## About this exercise
Scan each line of the records for the word "unfolding" and extract the ones that have it.

## Exercise data
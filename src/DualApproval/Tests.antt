-- ===== src/DualApproval/Tests.antt =====
-- A request for a critical door that one user makes and another approves.
use cerradura_magnetica.Prelude.{◌≤◌, ◌≡◌, refl, List, [], ◌∷◌, some, ok, arith, All, map, inl}
use cerradura_magnetica.Models.Gateway.{DoorOpenRequest, dispatched}
use cerradura_magnetica.DualApproval.{
  Requests, new_request, create_request, claim_for_approval, forget_user,
}
use cerradura_magnetica.DualApproval.TwoPerson.{
  IsTwoPerson, World, claimed, creates, approves, forgets, Reach, here, next,
}
use cerradura_magnetica.DualApproval.Steps.{Reach-IsTwoPerson}
use cerradura_magnetica.DualApproval.Races.{Move, successes, About, one_winner}

abbrev asked : DoorOpenRequest
asked = new_request 1 10 2 4 7 (some "delivery") 160

abbrev table : List DoorOpenRequest
table = asked ∷ []

abbrev approved : List DoorOpenRequest
approved = (claim_for_approval table asked 8 dispatched 120).0

abbrev no_requests : Requests
no_requests = record { rows = []; next_id = 1 }

abbrev one_request : Requests
one_request = record { rows = table; next_id = 2 }

created : create_request [] no_requests 10 2 4 7 (some "delivery") 60 100 ≡ ok (one_request, asked)
unfolding create_request
created = refl

abbrev empty : World
empty = record { db = no_requests; gone = []; claims = [] }

abbrev waiting : World
waiting = record { db = one_request; gone = []; claims = [] }

-- The approver, user 8, is deleted after the door was opened.
abbrev later : World
later = record {
  db = record { rows = map (forget_user 8) approved; next_id = 2 };
  gone = 8 ∷ [];
  claims = 1 ∷ [];
}

asked_then_approved : Reach empty later
unfolding claim_for_approval
asked_then_approved =
    next
      (next
        (next here
          (creates empty [] 10 2 4 7 (some "delivery") 60 100 (one_request, asked) created))
        (approves waiting asked 8 dispatched 120 ((λ h. inl refl), tt) refl))
      (forgets (claimed waiting asked 8 dispatched 120) 8)

Reach-IsTwoPerson_example : All (IsTwoPerson later.gone) later.db.rows
Reach-IsTwoPerson_example = Reach-IsTwoPerson {next_id = 1} {w = later} asked_then_approved

abbrev racers : List Move
racers =
    Move.approves asked 8 dispatched 120
    ∷ Move.approves asked 9 dispatched 121
    ∷ Move.rejects asked 122
    ∷ []

racers-About : All (About 1) racers
racers-About = ((refl, refl), ((refl, refl), (refl, tt)))

one_winner_example : successes table racers ≤ 1
one_winner_example = one_winner racers table 1 (omega arith) racers-About
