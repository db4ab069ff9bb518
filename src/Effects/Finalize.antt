-- ===== src/Effects/Finalize.antt =====
-- A dispatched request is resolved once.
use cerradura_magnetica.Prelude.{
  ℕ, ◌≡◌, refl, ap, Bool, true, false, List, [], ◌∷◌, none, some, arith, ◌==◌, Bool-cases, inl, inr,
  Option-cases, find_row, update_rows,
}
use mathlib.Core.Option
use cerradura_magnetica.Models.Gateway.{DoorOpenRequest, GatewayCommand, is_dispatched}
use cerradura_magnetica.Effects.{Effects, resolve_row, finalize_dual_approval}

find_resolved :
    (rs : List DoorOpenRequest) (id : ℕ) (success : Bool) (now : ℕ) {req : DoorOpenRequest}
    → find_row (λ r. r.id == id) rs ≡ some req
    → find_row (λ r. r.id == id) (update_rows (λ r. r.id == id) (resolve_row success now) rs)
      ≡ some (resolve_row success now req)
find_resolved [] id success now h = cc
find_resolved (r ∷ rs) id success now h = elim (Bool-cases (r.id == id)) [
  | inl hit ↦ rw hit (rw hit (ap (λ o. Option.map (resolve_row success now) o) (rw hit at h)))
  | inr miss ↦ rw miss (rw miss (find_resolved rs id success now (rw miss at h)))
]

resolved_closed :
    (success : Bool) (now : ℕ) (r : DoorOpenRequest)
    → is_dispatched (resolve_row success now r).status ≡ false
resolved_closed true now r = refl
resolved_closed false now r = refl

module _ (fx : Effects) (c : GatewayCommand) (id : ℕ) (success : Bool) (now : ℕ) where
  finalize_missing :
      find_row (λ r. r.id == id) fx.requests ≡ none
      → finalize_dual_approval fx c id success now ≡ fx
  unfolding finalize_dual_approval
  finalize_missing h = rw (h, finalize_dual_approval)

  finalize_closed :
      (req : DoorOpenRequest)
      → find_row (λ r. r.id == id) fx.requests ≡ some req
      → is_dispatched req.status ≡ false
      → finalize_dual_approval fx c id success now ≡ fx
  unfolding finalize_dual_approval
  finalize_closed req h closed = rw (h, finalize_dual_approval) (rw closed)

  finalize_resolves :
      (req : DoorOpenRequest)
      → find_row (λ r. r.id == id) fx.requests ≡ some req
      → is_dispatched req.status ≡ true
      → (finalize_dual_approval fx c id success now).requests
        ≡ update_rows (λ r. r.id == id) (resolve_row success now) fx.requests
  unfolding finalize_dual_approval
  finalize_resolves req h open' = rw (h, finalize_dual_approval) (ground arith)

-- The bridge's report on a dual-approval request is applied once: whatever a second report says, it
-- changes neither the request nor the events.
pub finalize_dual_approval_twice :
    (fx : Effects) (c c' : GatewayCommand) (id : ℕ) (success success' : Bool) (now now' : ℕ)
    → finalize_dual_approval (finalize_dual_approval fx c id success now) c' id success' now'
      ≡ finalize_dual_approval fx c id success now
finalize_dual_approval_twice fx c c' id success success' now now' =
    elim (Option-cases (find_row (λ r. r.id == id) fx.requests)) [
      | inl absent ↦
          let first = finalize_missing fx c id success now absent in
          rw first (finalize_missing fx c' id success' now' absent)
      | inr (req, found) ↦ elim (Bool-cases (is_dispatched req.status)) [
        | inr closed ↦
            let first = finalize_closed fx c id success now req found closed in
            rw first (finalize_closed fx c' id success' now' req found closed)
        | inl open' ↦
            finalize_closed (finalize_dual_approval fx c id success now) c' id success' now'
              (resolve_row success now req)
              (rw (finalize_resolves fx c id success now req found open')
                (find_resolved fx.requests id success now found))
              (resolved_closed success now req)
      ]
    ]
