-- ===== src/Guards/Tenant.antt =====
-- No request of an ordinary user reaches another organization.
use cerradura_magnetica.Prelude.{
  ℕ, ◌≡◌, ◌⊎◌, inl, inr, refl, ap, ◌∙◌, true, false, not, Option, none, some, Result, ok, err, ◌==◌,
  ==_iff, if◌then◌else◌, holds, Bool-cases,
}
use cerradura_magnetica.Models.Auth.{User, super_admin}
use cerradura_magnetica.Guards.{
  AuthError, organization_required, role_eq, get_org_id, no_organization, other_organization,
}

chosen :
    (own asked : Option ℕ) (org : ℕ)
    → let ending : Result AuthError ℕ = elim asked [
      | some id ↦ ok id
      | none ↦ elim own [ some o ↦ ok o | none ↦ err organization_required ]
    ] in
      ending ≡ ok org → (asked ≡ some org) ⊎ ((asked ≡ none) × (own ≡ some org))
chosen own (some id) org h = let same : id ≡ org = cc in inl (ap some same)
chosen (some o) none org h = let same : o ≡ org = cc in inr (refl, ap some same)
chosen none none org h = cc

own_org :
    (own : Option ℕ) (asked : Option ℕ) (org : ℕ)
    → let ending : Result AuthError ℕ = elim own [
      | none ↦ err no_organization
      | some o ↦ if holds asked (λ id. not (id == o)) then err other_organization else ok o
    ] in
      ending ≡ ok org → (own ≡ some org) × ((asked ≡ none) ⊎ (asked ≡ some org))
own_org none asked org h = cc
own_org (some o) none org h = let same : o ≡ org = cc in (ap some same, inl refl)
own_org (some o) (some id) org h = elim (Bool-cases (id == o)) [
  | inr other ↦ let h1 = rw other at h in cc
  | inl own ↦
      let h1 : ok o ≡ ok org = rw own at h in
      let same : o ≡ org = cc in (ap some same, inr (ap some ((==_iff id o).0 own ∙ same)))
]

-- Whatever organization a request asks for, if its user is no super admin and the request goes through,
-- it works on the user's own organization, which is also the one that it asked for, if any. A super
-- admin gets the organization that was asked for, and without one the user's own.
pub get_org_id_scoped :
    (user : User) (asked : Option ℕ) (org : ℕ)
    → get_org_id user asked ≡ ok org
    → ((role_eq user.role super_admin ≡ false)
        × (user.organization_id ≡ some org)
        × ((asked ≡ none) ⊎ (asked ≡ some org)))
      ⊎ ((role_eq user.role super_admin ≡ true)
          × ((asked ≡ some org) ⊎ ((asked ≡ none) × (user.organization_id ≡ some org))))
unfolding get_org_id
get_org_id_scoped user asked org h = elim (Bool-cases (role_eq user.role super_admin)) [
  | inl above ↦ inr (above, chosen user.organization_id asked org (rw (above, get_org_id) at h))
  | inr ordinary ↦
      let (own, same) = own_org user.organization_id asked org (rw (ordinary, get_org_id) at h) in
      inl (ordinary, own, same)
]
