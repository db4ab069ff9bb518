-- ===== src/Guards/Tests.antt =====
-- An operator of organization 10 asks for it by name.
use cerradura_magnetica.Prelude.{◌≡◌, refl, true, some, ok, Option, ℕ}
use cerradura_magnetica.Models.Auth.{User, operator}
use cerradura_magnetica.Guards.{get_org_id}

abbrev clerk : User
clerk = record { id = 7; organization_id = some 10; role = operator; is_active = true }

abbrev asked : Option ℕ
asked = some 10

clerk_works : get_org_id clerk asked ≡ ok 10
unfolding get_org_id
clerk_works = refl
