-- ===== src/Importer/Cards.antt =====
-- An import accounts for every row.
use cerradura_magnetica.Prelude.{
  ℕ, suc, ◌+◌, ◌≡◌, refl, ap, ◌∙◌, ◌⊎◌, inl, inr, Bool, false, ◌&&◌, List, [], ◌∷◌, arith,
  if◌then◌else◌, Bool-cases, length, length-append, exists_row,
}
use cerradura_magnetica.Access.{is_empty}
use cerradura_magnetica.Access.Swipe.{mask_card}
use cerradura_magnetica.Importer.{
  Row, RowError, missing_name, missing_card, already_assigned, duplicated, admit, Plan, Registry,
  empty_plan, text_in, org_card, fail, plan_row, plan_rows, import_cardholders,
}

module _ (lower : List ℕ → List ℕ) (is_space : ℕ → Bool) where
  abbrev handled : Plan → ℕ
  handled plan = length plan.creates + plan.skipped + length plan.errors

  -- What comes of a row: skipped, an error, or a new person whose card is neither taken nor repeated.
  abbrev pub Outcome : Registry → ℕ → ℕ → Plan → Row → Plan → Type 0
  Outcome db org line plan row plan' =
      (plan' ≡ record plan { skipped = suc plan.skipped })
      ⊎ ((reason : RowError) × (plan' ≡ fail plan line reason))
      ⊎ ((exists_row (org_card org row.card_number) db.cards ≡ false)
          × (text_in row.card_number plan.seen_cards ≡ false)
          × (plan' ≡ admit lower is_space db org plan row))

  pub plan_row-Outcome :
      (db : Registry) (org line : ℕ) (plan : Plan) (row : Row)
      → Outcome db org line plan row (plan_row lower is_space db org line plan row)
  unfolding plan_row
  plan_row-Outcome db org line plan row =
      elim (Bool-cases (is_empty row.name && is_empty row.card_number)) [
        | inl blank ↦ inl (rw (blank, plan_row) refl)
        | inr filled ↦ elim (Bool-cases (is_empty row.name)) [
          | inl nameless ↦ inr (inl (missing_name, rw (filled, nameless, plan_row) refl))
          | inr named ↦ elim (Bool-cases (is_empty row.card_number)) [
            | inl cardless ↦ inr (inl (missing_card, rw (filled, named, cardless, plan_row) refl))
            | inr carded ↦ elim (Bool-cases (exists_row (org_card org row.card_number) db.cards)) [
              | inl taken ↦ inr (
                  inl (
                    already_assigned (mask_card row.card_number),
                    rw (filled, named, carded, taken, plan_row) refl,
                  ))
              | inr free ↦ elim (Bool-cases (text_in row.card_number plan.seen_cards)) [
                | inl again ↦ inr (
                    inl (
                      duplicated (mask_card row.card_number),
                      rw (filled, named, carded, free, again, plan_row) refl,
                    ))
                | inr first ↦
                    inr (inr (free, first, rw (filled, named, carded, free, first, plan_row) refl))
              ]
            ]
          ]
        ]
      ]

  row_counts :
      (db : Registry) (org line : ℕ) (plan : Plan) (row : Row)
      → handled (plan_row lower is_space db org line plan row) ≡ suc (handled plan)
  row_counts db org line plan row = elim (plan_row-Outcome db org line plan row) [
    | inl skipped ↦ ap handled skipped ∙ omega arith
    | inr (inl (reason, failed)) ↦ ap handled failed ∙ rw length-append (omega arith)
    | inr (inr (free, first, admitted)) ↦ ap handled admitted ∙ rw length-append (omega arith)
  ]

  rows_count :
      (db : Registry) (org line : ℕ) (rows : List Row) (plan : Plan)
      → handled (plan_rows lower is_space db org line plan rows) ≡ handled plan + length rows
  unfolding plan_rows
  rows_count db org line [] plan = omega arith
  rows_count db org line (row ∷ rows) plan = omega (
    arith,
    row_counts db org line plan row,
    rows_count db org (suc line) rows (plan_row lower is_space db org line plan row),
  )

  -- Every row of an import is answered for once: its cardholder is valid, or it is blank and skipped, or
  -- it is listed as an error; and what is created is what is valid, or nothing on a dry run.
  pub import_counted :
      (db : Registry) (org : ℕ) (rows : List Row) (dry_run : Bool)
      → let summary = (import_cardholders lower is_space db org rows dry_run).1 in
        (summary.valid + summary.skipped + length summary.errors ≡ length rows)
        × (summary.created ≡ (if dry_run then 0 else summary.valid))
  unfolding import_cardholders
  import_counted db org rows dry_run = (omega (arith, rows_count db org 2 rows empty_plan), refl)
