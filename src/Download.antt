-- ===== src/Download.antt =====
-- pkg/download: which versions a module has and where they come from. Mode.antt is the download mode
-- file, Versions.antt the lists of versions, Protocol.antt the download protocol
-- itself, Handlers.antt what is answered to a request.
pub mod Mode
pub mod Versions
pub mod Protocol
pub mod Handlers
mod Tests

## Response area
unfolding create_request
unfolding claim_for_approval
  unfolding finalize_dual_approval
  unfolding finalize_dual_approval
  unfolding finalize_dual_approval
unfolding get_org_id
unfolding get_org_id
  unfolding plan_row
  unfolding plan_rows
  unfolding import_cardholders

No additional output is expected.